Third, theories which have accumulated a wealth of evidence, generally over a long period of time and by many examiners, have withstood Popper’s falsifiability test, perhaps many times over: they are the best approximators of real truth. In Bayesian terms, ideas with a long history of consistent messaging offer a reliable set of priors to understand and evaluate new evidence. This concept could be remembered, for example, when one is confronted by ideas that do not fit with established priors. Consider the example regarding the existence of “H” and “L” phenotypes of COVID-19-related acute respiratory distress syndrome (ARDS) [7]. Investigators hypothesized that there are two distinct COVID-19 ARDS phenotypes (with a spectrum in between) that mandate different approaches to mechanical ventilation. They suggested that not identifying the correct phenotype might lead to selection of the wrong ventilation approach and patient harm. These hypothetical phenotypes were not previously demonstrated to exist, but more importantly, the ventilation strategy proposed for “L”-type patients (i.e., use of high tidal volumes) contradicts decades of ARDS research, which has shown multiple benefits in favor of lower tidal volume ventilation [8]. This is not to say that the “H” vs “L” phenotype conjecture should not be subject to further testing—but rather, it is difficult to justify abandoning a robust set of priors when a single new concept challenges them. As Popper might argue, the preponderance of existing evidence on an idea should guide clinicians in deciding where to place their trust while awaiting the results of additional investigations.

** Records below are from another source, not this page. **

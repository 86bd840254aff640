-- ===== src/Message/Payloads.antt =====
-- The factories `Message::Create…`. A message is stamped with the clock's value `now`.
use cpp_p2pchat.Base.{◌%◌, ◌^◌, List, [], ◌∷◌, ◌++◌, ℤ, length}
use cpp_p2pchat.Std.Result.{Bytes}
use cpp_p2pchat.Message.Words.{be_bytes}
use cpp_p2pchat.Message.Wire.{MessageType, Message, text, handshake, peer_list, ping, pong}

-- `Message(type, payload)`
unfoldable pub make : ℤ → MessageType → Bytes → Message
make now type payload = record { type = type; payload = payload; timestamp = now }

unfoldable pub create_text_message : ℤ → Bytes → Message
unfolding make
create_text_message now message = make now text message

-- The length of the peer's id as a `uint16_t`, the id, the key.
unfoldable pub create_handshake_message : ℤ → Bytes → Bytes → Message
unfolding make
create_handshake_message now peer_id public_key =
    make now handshake (be_bytes 2 (length peer_id % 2 ^ 16) ++ (peer_id ++ public_key))

-- Each peer: the length as a `uint16_t`, the text.
unfoldable pub peer_entries : List Bytes → Bytes
peer_entries [] = []
peer_entries (peer ∷ peers) = be_bytes 2 (length peer % 2 ^ 16) ++ (peer ++ peer_entries peers)

unfoldable pub create_peer_list_message : ℤ → List Bytes → Message
unfolding make
create_peer_list_message now peers =
    make now peer_list (be_bytes 2 (length peers % 2 ^ 16) ++ peer_entries peers)

unfoldable pub create_ping_message : ℤ → Message
unfolding make
create_ping_message now = make now ping []

unfoldable pub create_pong_message : ℤ → Message
unfolding make
create_pong_message now = make now pong []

Popper applied the notion of falsifiability to distinguish between non-science and science. Clinicians might apply the same notion to understand and evaluate new ideas. This process entails three key considerations. First, conjectures should be seen as invitations to design further studies to evaluate them. While many conceptually interesting new conjectures move their fields in a novel direction, they often still require confirmation by high-quality studies, and their application to patient care might be premature (or even harmful) before such validation occurs. Second, for theories that have been apparently corroborated or falsified by high-quality tests, it is still worth asking: what did the tests actually show? Did they prove or disprove the entire theory, or only some aspect of it? This interpretation of data, formalized in the GRADE system of assessing certainty of evidence [2], should guide the application of research findings into the real world. Finally, when evaluating an idea for which there is existing knowledge, it is worth placing the idea in its available context. Ample time also provides ample opportunities for falsification. Ideas that have withstood Popper’s test are probably robust—and more likely to be “true” as compared to the “new truths” with which we are all nowadays regularly confronted.